Your instructions: Each line of the listing should be reproduced exactly.

Records for this task:
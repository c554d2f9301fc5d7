-- ===== src/Refine/Memory.antt =====
-- MEM on a port that implements a memory: it waits, or makes the access of that memory.
use cpu_sim.Base.{
  ◌≡◌, inl, inr, refl, sym, ap, ◌∙◌, arith, true, false, not, Option, none, some, if-either,
}
use mathlib.Core.Option
use cpu_sim.Memory.Interface.{IMemory}
use cpu_sim.Pipeline.Latch.{Latch, write}
use cpu_sim.Pipeline.Regs.{ExMem, MemWb, mem_wb_bubble}
use cpu_sim.Pipeline.MemAccess.{access, perform, idle, evaluate, is_mem_op, is_store, Accessed}
use cpu_sim.Arch.Refinement.{Implements, seen, access-view}

pub map-some {ℓ κ} :
    {A : Type ℓ} {B : Type κ} (g : A → B) (o : Option A) {b : B}
    → Option.map g o ≡ some b
    → (a : A) × (o ≡ some a) × (g a ≡ b)
map-some g none h = cc
map-some g (some a) h = (a, refl, cc)

module _ {D S : IMemory} {view : D.State → S.State} (impl : Implements D S view) where
  -- What MEM did in a cycle.
  pub data Accesses (ex : ExMem) (m : D.State) (a : Accessed D) : Type 0 where
    waited :
        a.stage.stalling ≡ true
        → a.out.shadow ≡ mem_wb_bubble
        → view a.dmem ≡ view m
        → Accesses ex m a
    had_none :
        a.stage.stalling ≡ false
        → ex.valid ≡ false
        → a.out.shadow ≡ mem_wb_bubble
        → view a.dmem ≡ view m
        → Accesses ex m a
    accessed :
        a.stage.stalling ≡ false
        → ex.valid ≡ true
        → access S ex.op ex (view m) ≡ some (a.out.shadow, view a.dmem)
        → Accesses ex m a

  perform-Accesses :
      (ex : ExMem) (m0 m : D.State) (out : Latch MemWb) {a : Accessed D}
      → ex.valid ≡ true
      → view m ≡ view m0
      → perform D ex out m ≡ some a
      → Accesses ex m0 a
  unfolding perform
  perform-Accesses ex m0 m out {a} v e h =
      let made : MemWb × D.State → Accessed D =
        λ r. record { dmem = r.1; out = write r.0 out; stage = record { stalling = false } } in
      let (r, p, g) = map-some made (access D ex.op ex m) h in
      Accesses.accessed (ap (λ a. a.stage.stalling) (sym g)) v (
        ap (access S ex.op ex) (sym e)
        ∙ sym (access-view impl ex.op ex m)
        ∙ ap (Option.map (seen impl)) p
        ∙ ap {A = Accessed D} (λ a. some (a.out.shadow, view a.dmem)) g)

  had_none-Accesses :
      (ex : ExMem) (m : D.State) (out : Latch MemWb) {a : Accessed D}
      → ex.valid ≡ false
      → some (idle D out false m) ≡ some a
      → Accesses ex m a
  unfolding idle
  had_none-Accesses ex m out {a} v h =
      let e : idle D out false m ≡ a = cc in rw (← e) (Accesses.had_none refl v refl refl)

  waited-Accesses :
      (ex : ExMem) (m0 m : D.State) (out : Latch MemWb) {a : Accessed D}
      → view m ≡ view m0
      → some (idle D out true m) ≡ some a
      → Accesses ex m0 a
  unfolding idle
  waited-Accesses ex m0 m out {a} v h =
      let e : idle D out true m ≡ a = cc in rw (← e) (Accesses.waited refl refl v)

  pub evaluate-Accesses :
      (m : D.State) (input : Latch ExMem) (out : Latch MemWb) {a : Accessed D}
      → evaluate D m input out ≡ some a
      → Accesses input.reg m a
  unfolding evaluate
  evaluate-Accesses m input out {a} h =
      let ex = input.reg in
      elim (if-either (not ex.valid) h) [
        | inl (b, g) ↦ had_none-Accesses ex m out (ground (arith, b)) g
        | inr (b, g) ↦ elim (if-either (is_mem_op ex.op) g) [
          | inl (c, f) ↦
              let asked = D.ready m ex.alu_out (is_store ex.op) in
              elim (if-either asked.0 f) [
                | inl (d, k) ↦
                    perform-Accesses ex m asked.1 out (ground (arith, b))
                      (impl.timing.ready_keeps m ex.alu_out (is_store ex.op)) k
                | inr (d, k) ↦
                    waited-Accesses ex m asked.1 out
                      (impl.timing.ready_keeps m ex.alu_out (is_store ex.op)) k
              ]
          | inr (c, f) ↦ perform-Accesses ex m m out (ground (arith, b)) refl f
        ]
      ]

Response to the task:
repository c554d2f9301fc5d7
-- ===== src/Refine/Memory.antt =====
-- MEM on a port that implements a memory: it waits, or makes the access of that memory.
use cpu_sim.Base.{
  ◌≡◌, inl, inr, refl, sym, ap, ◌∙◌, arith, true, false, not, Option, none, some, if-either,
}
use mathlib.Core.Option
use cpu_sim.Memory.Interface.{IMemory}
use cpu_sim.Pipeline.Latch.{Latch, write}
use cpu_sim.Pipeline.Regs.{ExMem, MemWb, mem_wb_bubble}
use cpu_sim.Pipeline.MemAccess.{access, perform, idle, evaluate, is_mem_op, is_store, Accessed}
use cpu_sim.Arch.Refinement.{Implements, seen, access-view}

pub map-some {ℓ κ} :
    {A : Type ℓ} {B : Type κ} (g : A → B) (o : Option A) {b : B}
    → Option.map g o ≡ some b
    → (a : A) × (o ≡ some a) × (g a ≡ b)
map-some g none h = cc
map-some g (some a) h = (a, refl, cc)

module _ {D S : IMemory} {view : D.State → S.State} (impl : Implements D S view) where
  -- What MEM did in a cycle.
  pub data Accesses (ex : ExMem) (m : D.State) (a : Accessed D) : Type 0 where
    waited :
        a.stage.stalling ≡ true
        → a.out.shadow ≡ mem_wb_bubble
        → view a.dmem ≡ view m
        → Accesses ex m a
    had_none :
        a.stage.stalling ≡ false
        → ex.valid ≡ false
        → a.out.shadow ≡ mem_wb_bubble
        → view a.dmem ≡ view m
        → Accesses ex m a
    accessed :
        a.stage.stalling ≡ false
        → ex.valid ≡ true
        → access S ex.op ex (view m) ≡ some (a.out.shadow, view a.dmem)
        → Accesses ex m a

  perform-Accesses :
      (ex : ExMem) (m0 m : D.State) (out : Latch MemWb) {a : Accessed D}
      → ex.valid ≡ true
      → view m ≡ view m0
      → perform D ex out m ≡ some a
      → Accesses ex m0 a
  unfolding perform
  perform-Accesses ex m0 m out {a} v e h =
      let made : MemWb × D.State → Accessed D =
        λ r. record { dmem = r.1; out = write r.0 out; stage = record { stalling = false } } in
      let (r, p, g) = map-some made (access D ex.op ex m) h in
      Accesses.accessed (ap (λ a. a.stage.stalling) (sym g)) v (
        ap (access S ex.op ex) (sym e)
        ∙ sym (access-view impl ex.op ex m)
        ∙ ap (Option.map (seen impl)) p
        ∙ ap {A = Accessed D} (λ a. some (a.out.shadow, view a.dmem)) g)

  had_none-Accesses :
      (ex : ExMem) (m : D.State) (out : Latch MemWb) {a : Accessed D}
      → ex.valid ≡ false
      → some (idle D out false m) ≡ some a
      → Accesses ex m a
  unfolding idle
  had_none-Accesses ex m out {a} v h =
      let e : idle D out false m ≡ a = cc in rw (← e) (Accesses.had_none refl v refl refl)

  waited-Accesses :
      (ex : ExMem) (m0 m : D.State) (out : Latch MemWb) {a : Accessed D}
      → view m ≡ view m0
      → some (idle D out true m) ≡ some a
      → Accesses ex m0 a
  unfolding idle
  waited-Accesses ex m0 m out {a} v h =
      let e : idle D out true m ≡ a = cc in rw (← e) (Accesses.waited refl refl v)

  pub evaluate-Accesses :
      (m : D.State) (input : Latch ExMem) (out : Latch MemWb) {a : Accessed D}
      → evaluate D m input out ≡ some a
      → Accesses input.reg m a
  unfolding evaluate
  evaluate-Accesses m input out {a} h =
      let ex = input.reg in
      elim (if-either (not ex.valid) h) [
        | inl (b, g) ↦ had_none-Accesses ex m out (ground (arith, b)) g
        | inr (b, g) ↦ elim (if-either (is_mem_op ex.op) g) [
          | inl (c, f) ↦
              let asked = D.ready m ex.alu_out (is_store ex.op) in
              elim (if-either asked.0 f) [
                | inl (d, k) ↦
                    perform-Accesses ex m asked.1 out (ground (arith, b))
                      (impl.timing.ready_keeps m ex.alu_out (is_store ex.op)) k
                | inr (d, k) ↦
                    waited-Accesses ex m asked.1 out
                      (impl.timing.ready_keeps m ex.alu_out (is_store ex.op)) k
              ]
          | inr (c, f) ↦ perform-Accesses ex m m out (ground (arith, b)) refl f
        ]
      ]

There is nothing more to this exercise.